The five major fields of robotics are operator interface, mobility or locomotion, manipulators and effectors, programming, and sensing and perception. Since robots are so varied and complex, they need a team of people to design, build and program them. As a result, many jobs are considered a part of the robotics industry.

Copperas Cove High School used a $10,000 Education Service Center Region 12 grant to fund 41 percent of the purchase of a Mechatronics Training System to teach students the practical and theoretical aspects of automation technology. Total cost of the machine was $24,342.

“The Mechatronics Training System replicates real industrial production processes and uses only industrial components,” said Career Technology Education Coordinator Sandra Perry. “Students are presented with a diverse range of modification, expansion and programming possibilities. The overall system consists of three separate systems that can be use in combination or as stand-alone stations, sparking student interest in scientific thinking.”
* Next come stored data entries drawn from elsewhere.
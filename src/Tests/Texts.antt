-- ===== src/Tests/Texts.antt =====
-- Lines of the protocol and versions.
use pywinhello.Prelude.{==_iff, [], arith, false, refl, true, ℕ, ◌∷◌, ◌≡◌}
use pywinhello.Prelude.Text.{Text, codes, has_char, is_space, strip}
use pywinhello.Prelude.Text.Split.{Lacks}
use pywinhello.Serial.Protocol.{parse_response}
use pywinhello.Serial.Protocol.Responses.{done_with, parse_response-render}

has_char-Lacks : (c : ℕ) (s : Text) → has_char c s ≡ false → Lacks c s
unfolding has_char
has_char-Lacks c [] h = tt
has_char-Lacks c (d ∷ s) h =
    (λ e. absurd (ground (arith, ==_iff d c)), has_char-Lacks c s (ground arith))

parse_response-render_example :
    parse_response (codes "OK:done\r\n")
    ≡ record { raw = codes "OK:done"; ok? = true; payload = codes "done" }
unfolding strip is_space
parse_response-render_example =
    parse_response-render (done_with (codes "done")) (codes "\r\n") refl refl
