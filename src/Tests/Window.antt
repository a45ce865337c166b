-- ===== src/Tests/Window.antt =====
-- The window and the wizard, on the scripted port.
use pywinhello.Gui.Window
use pywinhello.Gui.Connection.{
  command_of, cut_colon, get_config, is_live, protocol_of, raw_answer, send_command, send_known,
  talk,
}
use pywinhello.Gui.Connection.Commands.{Wrote, send_command-Wrote}
use pywinhello.Gui.Connection.Configs.{get_config-loads}
use pywinhello.Gui.I18n.{LocaleFiles, Locales}
use pywinhello.Gui.Window.{
  App, Poll, check, connection_screen, pin_set, poll, settings, toggle_language, with_pico,
}
use pywinhello.Gui.Window.Pin.{NeverSet}
use pywinhello.Gui.Window.Posts.{
  Reach, Reach-IsShown, Reach-without_pin, checked, clicked, here, onward, posted,
}
use pywinhello.Gui.Window.Routing.{IsShown, language_toggled, wizard_completed}
use pywinhello.Prelude.{
  List, [], ap, false, inl, inr, none, refl, some, sym, true, ◌∷◌, ◌≡◌, ◌≢◌, ◌⊎◌,
}
use pywinhello.Prelude.Result.{ok, ok-injective}
use pywinhello.Prelude.Text.{Text, codes, is_space, starts_with, strip, text_eq}
use pywinhello.Prelude.Value.{
  Value, arr, boolean, end, field, find, find_or, float, get_field, int, null, obj, str, truthy,
}
use pywinhello.Serial.Device.{is_connected}
use pywinhello.Serial.Link.{answer, exchange, send}
use pywinhello.Serial.Protocol.{
  command_line, command_name, command_timeout, encode_command, parse_response, parse_stripped, utf8,
  utf8_char,
}
use pywinhello.Tests.Bench.{bench, bench-IsRecording, bench_written, flash_bench, linked}

-- Locale files with one text.
abbrev bench_files : LocaleFiles
bench_files = record {
  exists = λ locale. true;
  load = λ locale.
      ok (
        obj (field (codes "app") (obj (field (codes "title") (str (codes "pywinhello")) end)) end));
  format = λ node kwargs. ok node;
}

abbrev app_strings : Value
app_strings =
    obj (field (codes "app") (obj (field (codes "title") (str (codes "pywinhello")) end)) end)

abbrev loaded : Locales
loaded = record { cache = (codes "ja", app_strings) ∷ []; current_locale = codes "ja" }

abbrev locale_command : Text
locale_command = codes "SET_CONFIG:{\"locale\":\"ja\"}"

locale_command-answered : (send_command bench locale_command linked).0 ≡ some (codes "OK")
unfolding send_command send_known raw_answer talk protocol_of is_live is_connected send exchange
    encode_command command_line utf8 utf8_char answer parse_response parse_stripped strip is_space
    text_eq starts_with command_of command_name cut_colon command_timeout
locale_command-answered = refl

send_command-Wrote_example :
    Wrote bench bench_written bench-IsRecording locale_command linked
      (send_command bench locale_command linked).1
send_command-Wrote_example =
    send_command-Wrote bench bench_written bench-IsRecording locale_command linked (codes "OK")
      locale_command-answered

abbrev at_start : App bench bench_files
at_start = record {
  pico = (none, flash_bench);
  locales = loaded;
  state = Window.disconnected;
  current_view = some connection_screen;
}

unset :
    (c v : Value)
    → (c ≡ obj end) ⊎ ((text : Text) × (bench.loads text ≡ ok c))
    → pin_set bench bench_files c ≡ ok v
    → truthy v ≡ false
unfolding get_field find_or find truthy
unset (obj end) v e h = ap truthy (sym (ok-injective h))
unset (obj (field k w fs)) v (inl e) h = cc
unset (obj (field k w fs)) v (inr (text, e)) h = cc
unset null v e h = cc
unset (boolean b) v e h = cc
unset (int n) v e h = cc
unset (float m k) v e h = cc
unset (str s) v e h = cc
unset (arr vs) v e h = cc

-- The script's JSON is a text, so no configuration sets anything.
bench_NeverSet : NeverSet bench bench_files
bench_NeverSet g v h = unset (get_config bench g).0 v (get_config-loads bench g) h

-- A window whose first poll has posted, and where the language is then changed.
abbrev checked_app : App bench bench_files
checked_app = with_pico bench bench_files at_start (check bench bench_files at_start.pico).1

abbrev waiting_posts : List Poll
waiting_posts = posted bench bench_files (check bench bench_files at_start.pico).0

toggled-Reach :
    Reach bench bench_files
      (λ e. e ≢ wizard_completed)
      (at_start, [])
      (toggle_language bench bench_files checked_app, waiting_posts)
toggled-Reach =
    onward (onward here (checked at_start []))
      (clicked language_toggled checked_app waiting_posts (λ e. cc) (λ e. cc))

Reach-IsShown_example : IsShown bench bench_files (toggle_language bench bench_files checked_app)
Reach-IsShown_example =
    Reach-IsShown bench bench_files {allowed = λ e. e ≢ wizard_completed} {s = (at_start, [])}
      {t = (toggle_language bench bench_files checked_app, waiting_posts)} toggled-Reach refl

Reach-without_pin_example : (toggle_language bench bench_files checked_app).state ≢ settings
Reach-without_pin_example =
    Reach-without_pin bench bench_files at_start
      (toggle_language bench bench_files checked_app, waiting_posts) bench_NeverSet (λ e. cc)
      toggled-Reach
Perry said industrial production and projects are constantly evolving and industrial and technical solutions must advance to meet those needs.

“The Mechatronics Training System is sturdy, modular, flexible, and portable,” Perry said. “The system is not only used in the classroom but also to promote STEM in elementary and middle schools in the district through STEM Nights and STEM Summer Camp which will boost student enrollment in STEM on all campuses.”

Both CCISD junior high campuses are qualified as STEM campuses through the Texas Education Agency.